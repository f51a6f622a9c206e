-- ===== src/Workflow/Evidence.antt =====
-- orchestration.py: what the ledger and the package directory have to show for a stage.
use Prim.Native.String.{◌++◌ as text_append}
use the_pass.Prelude.{
  String, Bool, true, false, not, ◌&&◌, ◌||◌, Option, none, some, List, [], ◌∷◌, str_eq, is_nil,
  any_of, all_of, mem_text, find_first, lookup, map, if◌then◌else◌,
}
use the_pass.Prelude.Result.{Result, ok, raise, ◌>>=◌, ◌>>◌, raise_if}
use the_pass.Json.{null, text, array, items, Fields, get, get_or, text_or_empty}
use the_pass.Ledger.Host.{Host}
use the_pass.Ledger.Issues.{LedgerError, is_ledger_error}
use the_pass.Ledger.Entries.{read_ledger_entries}
use the_pass.Ledger.Package.{artifact_extensions}
use the_pass.Ledger.RunEntry.{build_run_entry}
use the_pass.Ledger.Semantics.{is_run_at, verify_ledger_file}
use the_pass.Ledger.Append.{has_passed_gate}
use the_pass.Workflow.Errors.{
  WorkflowError, ledger_required, ledger_invalid, evidence_missing, package_required,
  package_invalid, fingerprint_failed, package_id_differs, run_required, artifacts_differ,
  artifact_ambiguous, artifact_unlisted, gate_required, ledger,
}
use the_pass.Workflow.State.{World, State}

-- `STAGE_PREREQUISITE_GATES`
abbrev pub stage_prerequisite_gates : List (String × List String)
stage_prerequisite_gates =
    ("paper_prepare", "research_gate" ∷ [])
    ∷ ("paper_observe", "research_gate" ∷ [])
    ∷ ("review_paper", "research_gate" ∷ [])
    ∷ ("paper_gate", "research_gate" ∷ [])
    ∷ ("risk_prepare", "research_gate" ∷ "paper_gate" ∷ [])
    ∷ ("plate", "research_gate" ∷ "paper_gate" ∷ [])
    ∷ ("review_risk", "research_gate" ∷ "paper_gate" ∷ [])
    ∷ ("risk_review", "research_gate" ∷ "paper_gate" ∷ [])
    ∷ []

-- `STAGES_REQUIRING_RECORDED_PACKAGE`
abbrev pub stages_requiring_recorded_package : List String
stages_requiring_recorded_package =
    "robustness" ∷ "review_research" ∷ "research_gate" ∷ map (λ r. r.0) stage_prerequisite_gates

-- `STAGE_REQUIRED_PACKAGE_EVIDENCE`
abbrev pub stage_required_package_evidence : List (String × List String)
stage_required_package_evidence =
    ("research_gate", "findings" ∷ [])
    ∷ ("paper_observe", "paper_plan" ∷ [])
    ∷ ("review_paper", "paper_plan" ∷ "observation_manifest" ∷ "divergence_report" ∷ [])
    ∷ (
      "paper_gate",
      "paper_plan" ∷ "observation_manifest" ∷ "divergence_report" ∷ "audit_report.paper_gate" ∷ [],
    )
    ∷ ("plate", "risk_policy" ∷ "risk_report" ∷ [])
    ∷ ("review_risk", "risk_policy" ∷ "risk_report" ∷ "approval_pack" ∷ "config_diff" ∷ [])
    ∷ (
      "risk_review",
      "risk_policy" ∷ "risk_report" ∷ "approval_pack" ∷ "config_diff" ∷ "audit_report.risk_review"
          ∷ [],
    )
    ∷ []

-- `table.get(stage, ())`
abbrev pub row_of : String → List (String × List String) → List String
row_of stage table = elim (lookup stage table) [ none ↦ [] | some r ↦ r ]

-- An error of the ledger's functions.
abbrev pub of_ledger {ℓ} : {A : Type ℓ} → Result LedgerError A → Result WorkflowError A
of_ledger (ok a) = ok a
of_ledger (raise e) = raise (ledger e)

abbrev pub requires_recorded_package : String → Bool
requires_recorded_package stage =
    mem_text stage stages_requiring_recorded_package || str_eq stage "complete"

-- `canonical_artifacts`
abbrev pub canonical_artifacts : Host → Fields → String
canonical_artifacts h e = h.canonical_json (get_or "artifacts" (array (items [])) e)

-- The files `stem.json`, `stem.yaml` and `stem.yml` that the package has.
matching_files : Host → String → String → List String → List String
matching_files h pkg stem [] = []
matching_files h pkg stem (x ∷ xs) =
    let file = h.within pkg (text_append stem x) in
    if h.is_file file then file ∷ matching_files h pkg stem xs else matching_files h pkg stem xs

-- Each required artifact stands there once, and is listed as evidence.
check_required : Host → String → List String → List String → Result WorkflowError (Unit {0})
unfolding matching_files
check_required h pkg evidence [] = ok tt
check_required h pkg evidence (stem ∷ stems) =
    elim (matching_files h pkg stem artifact_extensions) [
      | [] ↦ raise artifact_ambiguous
      | file ∷ more ↦
          raise_if (not (is_nil more)) artifact_ambiguous
          >> (raise_if (not (mem_text file evidence)) artifact_unlisted
              >> check_required h pkg evidence stems)
    ]

abbrev pub prerequisite_gates : State → List String
prerequisite_gates s =
    if str_eq s.stage "complete"
    then s.target_gate ∷ []
    else row_of s.stage stage_prerequisite_gates

-- The entries of a ledger that verifies, or of none.
unfoldable pub verified_entries : World → State → Result WorkflowError (List Fields)
verified_entries w s = elim (w.host.exists s.ledger_path) [
  | false ↦ ok []
  | true ↦ do
    issues ← of_ledger (verify_ledger_file w.host s.ledger_path)
    raise_if (not (is_nil issues)) ledger_invalid
    of_ledger (read_ledger_entries w.host s.ledger_path)
]

current_run : World → State → String → Result WorkflowError Fields
current_run w s pkg = elim (build_run_entry w.host pkg null s.ledger_path) [
  | ok e ↦ ok e
  | raise e ↦ if is_ledger_error e then raise fingerprint_failed else raise (ledger e)
]

-- The recorded run has to be there, if the stage asks for it, with the artifacts of today.
unfoldable pub check_recorded :
    Host → String → Fields → Option Fields → Result WorkflowError (Unit {0})
check_recorded h stage run none = raise_if (requires_recorded_package stage) run_required
check_recorded h stage run (some recorded) =
    raise_if (not (str_eq (canonical_artifacts h recorded) (canonical_artifacts h run)))
      artifacts_differ

-- The part of `verify_workflow_evidence` about the exact package.
unfoldable pub verify_package :
    World → State → List Fields → String → String → Result WorkflowError (Unit {0})
unfolding check_required current_run check_recorded
verify_package w s entries pkg id = do
  raise_if (not (w.host.validate_package pkg none)) package_invalid
  run ← current_run w s pkg
  raise_if (not (str_eq (text_or_empty (get "package_id" run)) id)) package_id_differs
  let path = w.resolve pkg
  check_recorded w.host s.stage run
      (find_first (is_run_at w.host s.ledger_path (text id) path) entries)
  check_required w.host pkg (map w.resolve s.evidence_paths)
      (row_of s.stage stage_required_package_evidence)
  raise_if
      (not (
        all_of (λ gate. has_passed_gate w.host s.ledger_path entries id gate path)
          (prerequisite_gates s)))
      gate_required

unfoldable pub verify_workflow_evidence : World → State → Result WorkflowError (Unit {0})
unfolding verified_entries
verify_workflow_evidence w s = do
  raise_if (requires_recorded_package s.stage && not (w.host.exists s.ledger_path)) ledger_required
  entries ← verified_entries w s
  raise_if (not (all_of (λ e. w.host.exists (w.resolve e)) s.evidence_paths)) evidence_missing
  elim s.package_path [
    | none ↦ raise_if (requires_recorded_package s.stage) package_required
    | some pkg ↦ verify_package w s entries pkg (elim s.package_id [ none ↦ "" | some id ↦ id ])
  ]

-- A valid ledger holds the exact run, and the passage of the target gate for it.
unfoldable pub passes_in : World → State → String → Result WorkflowError Bool
passes_in w s id = do
  entries ← of_ledger (read_ledger_entries w.host s.ledger_path)
  let path = w.resolve (elim s.package_path [ none ↦ "None" | some p ↦ p ])
  ok (
      any_of (is_run_at w.host s.ledger_path (text id) path) entries
      && has_passed_gate w.host s.ledger_path entries id s.target_gate path)

-- `workflow_target_passes`; an unreadable ledger raises.
unfoldable pub workflow_target_passes : World → State → Result WorkflowError Bool
workflow_target_passes w s = elim s.package_id [
  | none ↦ ok false
  | some id ↦ elim (w.host.exists s.ledger_path) [
    | false ↦ ok false
    | true ↦ do
      issues ← of_ledger (verify_ledger_file w.host s.ledger_path)
      elim (is_nil issues) [ false ↦ ok false | true ↦ passes_in w s id ]
  ]
]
◆ ◆ ◆
AIM OF THE TASK. Beginning at the line above with "unfoldable pub verify_workflow_evidence" and finishing at the line with "(requires_recorded_package s.stage) package_required", return each line exactly and return nothing else.

SOLUTION TO THE EXERCISE.
unfoldable pub verify_workflow_evidence : World → State → Result WorkflowError (Unit {0})
unfolding verified_entries
verify_workflow_evidence w s = do
  raise_if (requires_recorded_package s.stage && not (w.host.exists s.ledger_path)) ledger_required
  entries ← verified_entries w s
  raise_if (not (all_of (λ e. w.host.exists (w.resolve e)) s.evidence_paths)) evidence_missing
  elim s.package_path [
    | none ↦ raise_if (requires_recorded_package s.stage) package_required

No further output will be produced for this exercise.